There are a growing number of reasons to manufacture some if not all of your products in the USA, be it because of marketing, profitability, or a hedge against risk of poor delivery performance or quality. The USA is becoming much more in tune with implementing transformational lean and thus more attractive. In addition, industry experts are advising businesses to examine the potential savings of insourcing products that in the past were outsourced.



Insourcing typically follows two paths: 1) manufacturing new products locally, and 2) looking at products that were in the past outsourced where now it makes sense to rethink an earlier decision. While the financials are important, when looking at your supply chain, seriously consider flexibility and risk as significant drivers for success. Identify ways to reduce your longer supply chains into smaller more nimble supply chains. By doing so, you can enhance your ability to react more quickly with products that experience considerable volatility; this will also reduce uncontrollable risk or unforeseen problems like natural disasters or political upheaval. Another thing to consider, if the supply chain goes through several countries the risk of disruption goes up, the cost of “just in case” inventory goes up, freight costs go up, finger pointing when quality issues arise goes up, etc., all of which add ZERO value to the product.



Each product line within the Supply Chain must be evaluated individually to determine the best go forward strategy.

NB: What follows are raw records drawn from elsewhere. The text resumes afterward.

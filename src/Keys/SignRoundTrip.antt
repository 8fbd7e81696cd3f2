-- ===== src/Keys/SignRoundTrip.antt =====
-- `verify` after `sign`, on the containers of src/keys/mod.rs.
use rust_osshkeys.Prelude.{
  ◌≡◌, ◌∙◌, refl, ap, subst, Bytes, Bool, true, false, ltb, if◌then◌else◌, ok, and_then-eq-ok,
  map_err-eq-ok,
}
use rust_osshkeys.Error.{OsshResult, fail, from_openssl, on_unit, invalid_key_size}
use rust_osshkeys.External.KeyTypes.{KeyLib}
use rust_osshkeys.External.PKeys.{PKeys}
use rust_osshkeys.External.Signers.{Signers, MessageDigest, Finishes}
use rust_osshkeys.Keys.Rsa
use rust_osshkeys.Keys.Rsa.{RsaPublicKey, RsaKeyPair, rsa_min_size}
use rust_osshkeys.Keys.Dsa
use rust_osshkeys.Keys.Dsa.{DsaPublicKey, DsaKeyPair}
use rust_osshkeys.Keys.Ecdsa
use rust_osshkeys.Keys.Ecdsa.{EcDsaPublicKey, EcDsaKeyPair, nid}
use rust_osshkeys.Keys.Ed25519
use rust_osshkeys.Keys.Ed25519.{Ed25519PublicKey, Ed25519KeyPair}
use rust_osshkeys.Keys.Container.{PublicKeyType, KeyPairType, clone_key}
use rust_osshkeys.Keys.Sign.{
  get_digest, sign_pkey, verify_pkey, rsa_verify, dsa_verify, ecdsa_verify, ed25519_verify,
  public_verify, pair_verify, rsa_sign, dsa_sign, ecdsa_sign, ed25519_sign, pair_sign,
}

-- A guard that let the rest run.
guard-eq-ok :
    (b : Bool) (m : OsshResult Bytes) {s : Bytes}
    → (if b then fail invalid_key_size else m) ≡ ok s
    → (b ≡ false) × (m ≡ ok s)
guard-eq-ok true m h = cc
guard-eq-ok false m h = (refl, h)

module _ (lib : KeyLib) (pk : PKeys lib) (sg : Signers lib pk) where
  abbrev Signs : MessageDigest → pk.Private → Bytes → Bytes → Type 0
  Signs md p data_ sig = Finishes sg.new_signer sg.update_signer sg.sign_to_vec md p data_ sig

  abbrev Verifies : MessageDigest → pk.Public → Bytes → Bytes → Type 0
  Verifies md o data_ sig =
      Finishes sg.new_verifier sg.update_verifier (sg.verify sig) md o data_ true

  sign_pkey-eq-ok :
      (md : MessageDigest) (key : OsshResult pk.Private) (data_ sig : Bytes)
      → sign_pkey lib pk sg md key data_ ≡ ok sig
      → (p : pk.Private) × (key ≡ ok p) × Signs md p data_ sig
  unfolding sign_pkey
  sign_pkey-eq-ok md key data_ sig h =
      let (p, has, h1) = and_then-eq-ok key _ h in
      let (s, made, h2) = and_then-eq-ok (on_unit from_openssl (sg.new_signer md p)) _ h1 in
      let (t, fed, h3) = and_then-eq-ok (on_unit from_openssl (sg.update_signer s data_)) _ h2 in
      (
        p,
        has,
        record {
          state = s;
          updated = t;
          made = map_err-eq-ok from_openssl _ made;
          fed = map_err-eq-ok from_openssl _ fed;
          finished = map_err-eq-ok from_openssl _ h3;
        },
      )

  verify_pkey_lem :
      (md : MessageDigest) (key : OsshResult pk.Public) (o : pk.Public) (data_ sig : Bytes)
      → key ≡ ok o
      → Verifies md o data_ sig
      → verify_pkey lib pk sg md key data_ sig ≡ ok true
  unfolding verify_pkey
  verify_pkey_lem md key o data_ sig has v = rw (has, v.made, v.fed, v.finished) refl

  -- The private number belongs to the public numbers, and an ECDSA key lies in the group of its
  -- curve. Ed25519 keys are made of their seed alone.
  abbrev pub IsPair : KeyPairType lib → Type 0
  IsPair (KeyPairType.rsa k) = sg.IsRsaPair k.rsa
  IsPair (KeyPairType.dsa k) = sg.IsDsaPair k.dsa
  IsPair (KeyPairType.ecdsa k) =
      sg.IsEcPair k.key × (lib.ec.from_curve_name (nid k.curve) ≡ ok (lib.ec.private_group k.key))
  IsPair (KeyPairType.ed25519 k) = Unit

  module _ (data_ sig : Bytes) where
    rsa_verify_lem :
        (r : lib.rsa.Public) (signhash : Rsa.RsaSignature) (o : pk.Public)
        → ltb (lib.bn.num_bits (lib.rsa.n r)) rsa_min_size ≡ false
        → pk.public_from_rsa r ≡ ok o
        → Verifies (get_digest signhash) o data_ sig
        → rsa_verify lib pk sg (record { rsa = r; signhash = signhash }) data_ sig ≡ ok true
    unfolding rsa_verify Rsa.public_size
    rsa_verify_lem r signhash o large put verifies = rw large (
        verify_pkey_lem (get_digest signhash) (on_unit from_openssl (pk.public_from_rsa r)) o data_
          sig (rw put refl) verifies)

    rsa_verify-rsa_sign :
        (k : RsaKeyPair lib) (q : RsaPublicKey lib)
        → sg.IsRsaPair k.rsa
        → Rsa.clone_public_key lib k ≡ ok q
        → rsa_sign lib pk sg k data_ ≡ ok sig
        → rsa_verify lib pk sg q data_ sig ≡ ok true
    unfolding rsa_sign Rsa.clone_public_key Rsa.new_with_signhash Rsa.pair_size
    rsa_verify-rsa_sign k q pair cloned signed =
        let (large, rest) =
          guard-eq-ok (ltb (lib.bn.num_bits (lib.rsa.private_n k.rsa)) rsa_min_size)
            (sign_pkey lib pk sg (get_digest k.signhash)
              (on_unit from_openssl (pk.private_from_rsa k.rsa)) data_)
            signed in
        let (p, has, signs) = sign_pkey-eq-ok (get_digest k.signhash) _ data_ sig rest in
        let (r, made, done) = and_then-eq-ok _ _ cloned in
        let (hn, he) = lib.rsa.public_made _ _ r (map_err-eq-ok from_openssl _ made) in
        let (o, put, verifies) =
          sg.rsa_verifies k.rsa r p _ data_ sig pair (map_err-eq-ok from_openssl _ has) signs hn
            he in
        let built : RsaPublicKey lib = record { rsa = r; signhash = k.signhash } in
        let same : built ≡ q = cc in
        let large2 = ap (λ n. ltb (lib.bn.num_bits n) rsa_min_size) hn ∙ large in
        subst (λ x. rsa_verify lib pk sg x data_ sig ≡ ok true) same
          (rsa_verify_lem r k.signhash o large2 put verifies)

    dsa_verify-dsa_sign :
        (k : DsaKeyPair lib) (q : DsaPublicKey lib)
        → sg.IsDsaPair k.dsa
        → Dsa.clone_public_key lib k ≡ ok q
        → dsa_sign lib pk sg k data_ ≡ ok sig
        → dsa_verify lib pk sg q data_ sig ≡ ok true
    unfolding dsa_sign dsa_verify Dsa.clone_public_key Dsa.new
    dsa_verify-dsa_sign k q pair cloned signed =
        let md = MessageDigest.sha1 in
        let (p, has, signs) = sign_pkey-eq-ok md _ data_ sig signed in
        let (r, made, done) = and_then-eq-ok _ _ cloned in
        let (hp, hq, hg, hy) = lib.dsa.public_made _ _ _ _ r (map_err-eq-ok from_openssl _ made) in
        let (o, put, verifies) =
          sg.dsa_verifies k.dsa r p md data_ sig pair (map_err-eq-ok from_openssl _ has) signs hp hq
            hg hy in
        let built : DsaPublicKey lib = record { dsa = r } in
        let same : built ≡ q = cc in
        subst (λ x. dsa_verify lib pk sg x data_ sig ≡ ok true) same
          (verify_pkey_lem md (on_unit from_openssl (pk.public_from_dsa r)) o data_ sig
            (rw put refl) verifies)

    ecdsa_verify-ecdsa_sign :
        (k : EcDsaKeyPair lib) (q : EcDsaPublicKey lib)
        → sg.IsEcPair k.key
        → lib.ec.from_curve_name (nid k.curve) ≡ ok (lib.ec.private_group k.key)
        → Ecdsa.clone_public_key lib k ≡ ok q
        → ecdsa_sign lib pk sg k data_ ≡ ok sig
        → ecdsa_verify lib pk sg q data_ sig ≡ ok true
    unfolding ecdsa_sign ecdsa_verify Ecdsa.clone_public_key Ecdsa.public_new Ecdsa.group_of
    ecdsa_verify-ecdsa_sign k q pair group cloned signed =
        let md = MessageDigest.sha1 in
        let (p, has, signs) = sign_pkey-eq-ok md _ data_ sig signed in
        let (r, made, done) = and_then-eq-ok _ _ (rw group at cloned) in
        let (hg, hp) =
          lib.ec.public_made (lib.ec.private_group k.key) (lib.ec.private_public_key k.key) r
            (map_err-eq-ok from_openssl _ made) in
        let (o, put, verifies) =
          sg.ec_verifies k.key r p md data_ sig pair (map_err-eq-ok from_openssl _ has) signs hg
            hp in
        let built : EcDsaPublicKey lib = record { key = r; curve = k.curve } in
        let same : built ≡ q = cc in
        subst (λ x. ecdsa_verify lib pk sg x data_ sig ≡ ok true) same
          (verify_pkey_lem md (on_unit from_openssl (pk.public_from_ec_key r)) o data_ sig
            (rw put refl) verifies)

    abbrev ed25519_public : Ed25519KeyPair lib → PublicKeyType lib
    ed25519_public k = PublicKeyType.ed25519 (record { key = lib.ed.verifying_key k.key })

    ed25519_verifies :
        (k : Ed25519KeyPair lib)
        → (public_verify lib pk sg (ed25519_public k) data_ (sg.to_bytes (sg.ed_sign k.key data_))
            ≡ ok true)
          × (pair_verify lib pk sg
                (KeyPairType.ed25519 k)
                data_
                (sg.to_bytes (sg.ed_sign k.key data_))
              ≡ ok true)
    unfolding public_verify pair_verify ed25519_verify
    ed25519_verifies k =
        let back = sg.try_from-to_bytes (sg.ed_sign k.key data_) in
        let valid = sg.ed_verifies k.key data_ in
        let same = sg.ed_pair_verify_lem k.key data_ (sg.ed_sign k.key data_) in
        (rw (back, valid) refl, rw (back, same, valid) refl)

    -- If a key pair signs the data, then the signature is verified by its public key that
    -- `clone_public_key` returns, and by the pair itself. This is for each key type, for a pair whose
    -- private number belongs to its public numbers, and for an ECDSA key in the group of its curve.
    pub verify-sign :
        (k : KeyPairType lib) (q : PublicKeyType lib)
        → IsPair k
        → clone_key lib k ≡ ok q
        → pair_sign lib pk sg k data_ ≡ ok sig
        → (public_verify lib pk sg q data_ sig ≡ ok true)
          × (pair_verify lib pk sg k data_ sig ≡ ok true)
    unfolding clone_key pair_sign public_verify pair_verify
    verify-sign (KeyPairType.rsa k) q h cloned signed =
        let (p, made, done) = and_then-eq-ok (Rsa.clone_public_key lib k) _ cloned in
        let ok_p = rsa_verify-rsa_sign k p h made signed in
        let same : PublicKeyType.rsa p ≡ q = cc in
        (subst (λ x. public_verify lib pk sg x data_ sig ≡ ok true) same ok_p, rw made ok_p)
    verify-sign (KeyPairType.dsa k) q h cloned signed =
        let (p, made, done) = and_then-eq-ok (Dsa.clone_public_key lib k) _ cloned in
        let ok_p = dsa_verify-dsa_sign k p h made signed in
        let same : PublicKeyType.dsa p ≡ q = cc in
        (subst (λ x. public_verify lib pk sg x data_ sig ≡ ok true) same ok_p, rw made ok_p)
    verify-sign (KeyPairType.ecdsa k) q h cloned signed =
        let (p, made, done) = and_then-eq-ok (Ecdsa.clone_public_key lib k) _ cloned in
        let ok_p = ecdsa_verify-ecdsa_sign k p h.0 h.1 made signed in
        let same : PublicKeyType.ecdsa p ≡ q = cc in
        (subst (λ x. public_verify lib pk sg x data_ sig ≡ ok true) same ok_p, rw made ok_p)
    verify-sign (KeyPairType.ed25519 k) q h cloned signed =
        let made : sg.to_bytes (sg.ed_sign k.key data_) ≡ sig = unfold ed25519_sign in cc in
        let same : ed25519_public k ≡ q = unfold Ed25519.clone_public_key in cc in
        let (by_public, by_pair) = ed25519_verifies k in
        (
          subst (λ x. public_verify lib pk sg x data_ sig ≡ ok true) same
              (subst (λ t. public_verify lib pk sg (ed25519_public k) data_ t ≡ ok true) made
                by_public),
          subst (λ t. pair_verify lib pk sg (KeyPairType.ed25519 k) data_ t ≡ ok true) made by_pair,
        )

Ideally the company should analyze where to locate manufacturing by using a real value options analysis to determine the value of being local and flexible.



Doing the math



To make a determination to insource (or outsource for that matter) you need to do some math before you move and make sure its “Lean Math.” Here are the items you need to include in your calculation:



* Start with the piece part cost for an item where you are currently making the product.

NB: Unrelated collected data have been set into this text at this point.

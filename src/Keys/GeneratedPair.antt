-- ===== src/Keys/GeneratedPair.antt =====
-- src/keys/mod.rs: `KeyPair::generate`, and the pairs that SignRoundTrip is about.
use rust_osshkeys.Prelude.{ℕ, ◌≡◌, ◌∙◌, sym, ap, ok}
use rust_osshkeys.External.KeyTypes.{KeyLib}
use rust_osshkeys.External.PKeys.{PKeys}
use rust_osshkeys.External.Signers.{Signers}
use rust_osshkeys.Keys.Rsa
use rust_osshkeys.Keys.Dsa
use rust_osshkeys.Keys.Ecdsa
use rust_osshkeys.Keys.Ed25519
use rust_osshkeys.Keys.Container.{KeyType, KeyPairType, KeyPair, Seeds, generate}
use rust_osshkeys.Keys.Generation.{made_of, rsa_made, dsa_made, ecdsa_made}
use rust_osshkeys.Keys.SignRoundTrip.{IsPair}

module _ (lib : KeyLib) (pk : PKeys lib) (sg : Signers lib pk) (s : Seeds lib) (bits : ℕ) where
  abbrev IsPairOf : KeyPair lib → Type 0
  IsPairOf k = IsPair lib pk sg k.key

  -- The private number of a key that is generated belongs to its public numbers, and an ECDSA key
  -- lies in the group of its curve.
  pub generate-IsPair :
      (t : KeyType) (k : KeyPair lib) → generate lib s t bits ≡ ok k → IsPair lib pk sg k.key
  unfolding generate
  generate-IsPair KeyType.rsa k h =
      made_of lib s bits IsPairOf (Rsa.generate lib s.rsa_seed bits) KeyPairType.rsa k
        (λ a e. sg.rsa_generated s.rsa_seed _ a.rsa (rsa_made lib s bits a e)) h
  generate-IsPair KeyType.dsa k h =
      made_of lib s bits IsPairOf (Dsa.generate lib s.dsa_seed bits) KeyPairType.dsa k
        (λ a e. sg.dsa_generated s.dsa_seed _ a.dsa (dsa_made lib s bits a e)) h
  generate-IsPair KeyType.ecdsa k h =
      made_of lib s bits IsPairOf (Ecdsa.generate lib s.ec_seed bits) KeyPairType.ecdsa k
        (λ a e.
          let (g, _, named, made) = ecdsa_made lib s bits a e in
          (
            sg.ec_generated s.ec_seed g a.key made,
            named ∙ ap ok (sym (lib.ec.generate_group s.ec_seed g a.key made)),
          ))
        h
  generate-IsPair KeyType.ed25519 k h =
      made_of lib s bits IsPairOf (Ed25519.generate lib s.ed_seed bits) KeyPairType.ed25519 k
        (λ a e. tt) h
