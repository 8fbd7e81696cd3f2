-- ===== src/Keys/RandomArt.antt =====
-- src/keys/mod.rs: `fingerprint_randomart`. The worm walks over a field of 9 rows and 17 columns; an
-- index out of bounds is a panic.
pub mod Arrays
pub mod Walk
pub mod Picture
pub mod Lines
pub mod Fingerprint
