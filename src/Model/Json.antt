-- ===== src/Model/Json.antt =====
-- The JSON values of serde_json, by the constructors that the program matches on.
use wire_assume.Prelude.{Bool, String}

-- What the program reads of a `serde_json::Number`: its text, and `is_i64() || is_u64()`.
pub record Number : Type 0 where
  pub text : String
  pub is_integer : Bool

-- An array's items and an object's fields stand in the block: a type cannot hold a list of itself.
mutual
  pub data Value : Type 0 where
    null : Value
    bool : Bool → Value
    number : Number → Value
    string : String → Value
    array : Items → Value
    object : Fields → Value

  pub data Items : Type 0 where
    nil : Items
    cons : Value → Items → Items

  pub data Fields : Type 0 where
    end : Fields
    field : String → Value → Fields → Fields
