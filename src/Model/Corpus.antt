-- ===== src/Model/Corpus.antt =====
-- The records of crates/model/src/corpus.rs.
use wire_assume.Prelude.{ℕ, String, List, Option}
use wire_assume.Model.Json.{Value}

pub record Header : Type 0 where
  pub name : String
  pub value : String

pub data Body : Type 0 where
  empty : Body
  json : Value → Body
  text : String → Body
  base64 : String → Body

pub record RequestRecord : Type 0 where
  pub method : String
  pub uri : String
  pub headers : List Header
  pub body : Body

pub record ResponseRecord : Type 0 where
  pub status : ℕ
  pub headers : List Header
  pub body : Body

pub record InteractionMetadata : Type 0 where
  pub captured_at : String
  pub duration_ms : ℕ
  pub provider_id : String
  pub scenario_id : String
  pub correlation_id : Option String

pub record Interaction : Type 0 where
  pub request : RequestRecord
  pub response : ResponseRecord
  pub metadata : InteractionMetadata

* Compare this with the piece part cost for the same item in the US.



* Subtract the cost of slow freight to get it from where you are currently making the product to your customer.



Please Note: at this point, you have now done the entire math that many purchasing departments seem to perform. This is what I would call “Mass Production Math”. To get to “Lean Math” you should subtract some additional costs to piece-part plus slow-freight cost to make the calculation more realistic:







* Identify the additional overhead costs to be allocated to production in the higher-wage location, when production in transferred. Consider the impact on the current products being produced in the US. This should reduce their overhead costs.



* Subtract the historic cost of the additional inventory of goods in transit over long distances from the low-wage location to the customer.



* Subtract the historic the cost of additional safety stocks to ensure uninterrupted supply.



* Subtract the historic cost of expensive expedited shipments. (You'll need to be careful here because the plan for the part in question typically assumes that there aren't any expediting costs, when a bit of casual empiricism will show that there always are.)



* Add the cost of warranty claims if the new facility or supplier has a long learning curve.



* Subtract the historic cost of engineer visits or resident engineers required to get the process right so the product is made to the correct specification with acceptable quality.



* Subtract the historic cost of senior executive visits to set up the operation or to straighten out relationships with managers and suppliers operating in a different business environment. (Note this may include all manner of payments and considerations, depending on local business practices.)



* Subtract the historic cost of out-of-stocks and lost sales caused by long lead times to obtain the part.



* Subtract the historic cost of remaindered goods or of scrapped stocks ordered to a long-range forecast and never actually needed.



* If you are using a contract manufacturer in the low-cost location, subtract the historic potential cost of your supplier soon becoming your competitor.







Almost all of these “costs” need to be considered when doing productivity improvement justifications. A caution… by themselves, individually, it is almost always impossible to cost justify doing the improvements; sometimes you must just take a leap of faith.



This is becoming quite a list and please note that these costs are hardly ever visible to the people in senior management or purchasing who relocate production of an item in a low-wage country based simply on piece-part price plus slow freight.





However, lean math requires adding three more costs to be complete:



* Currency risks, which can strike quite suddenly when the currency of either the supplying or receiving country shifts.



* Country risks, which can also emerge very suddenly when the shipping country encounters political instabilities or when there is a political reaction in the receiving country as trade deficits and unemployment emerge as political issues.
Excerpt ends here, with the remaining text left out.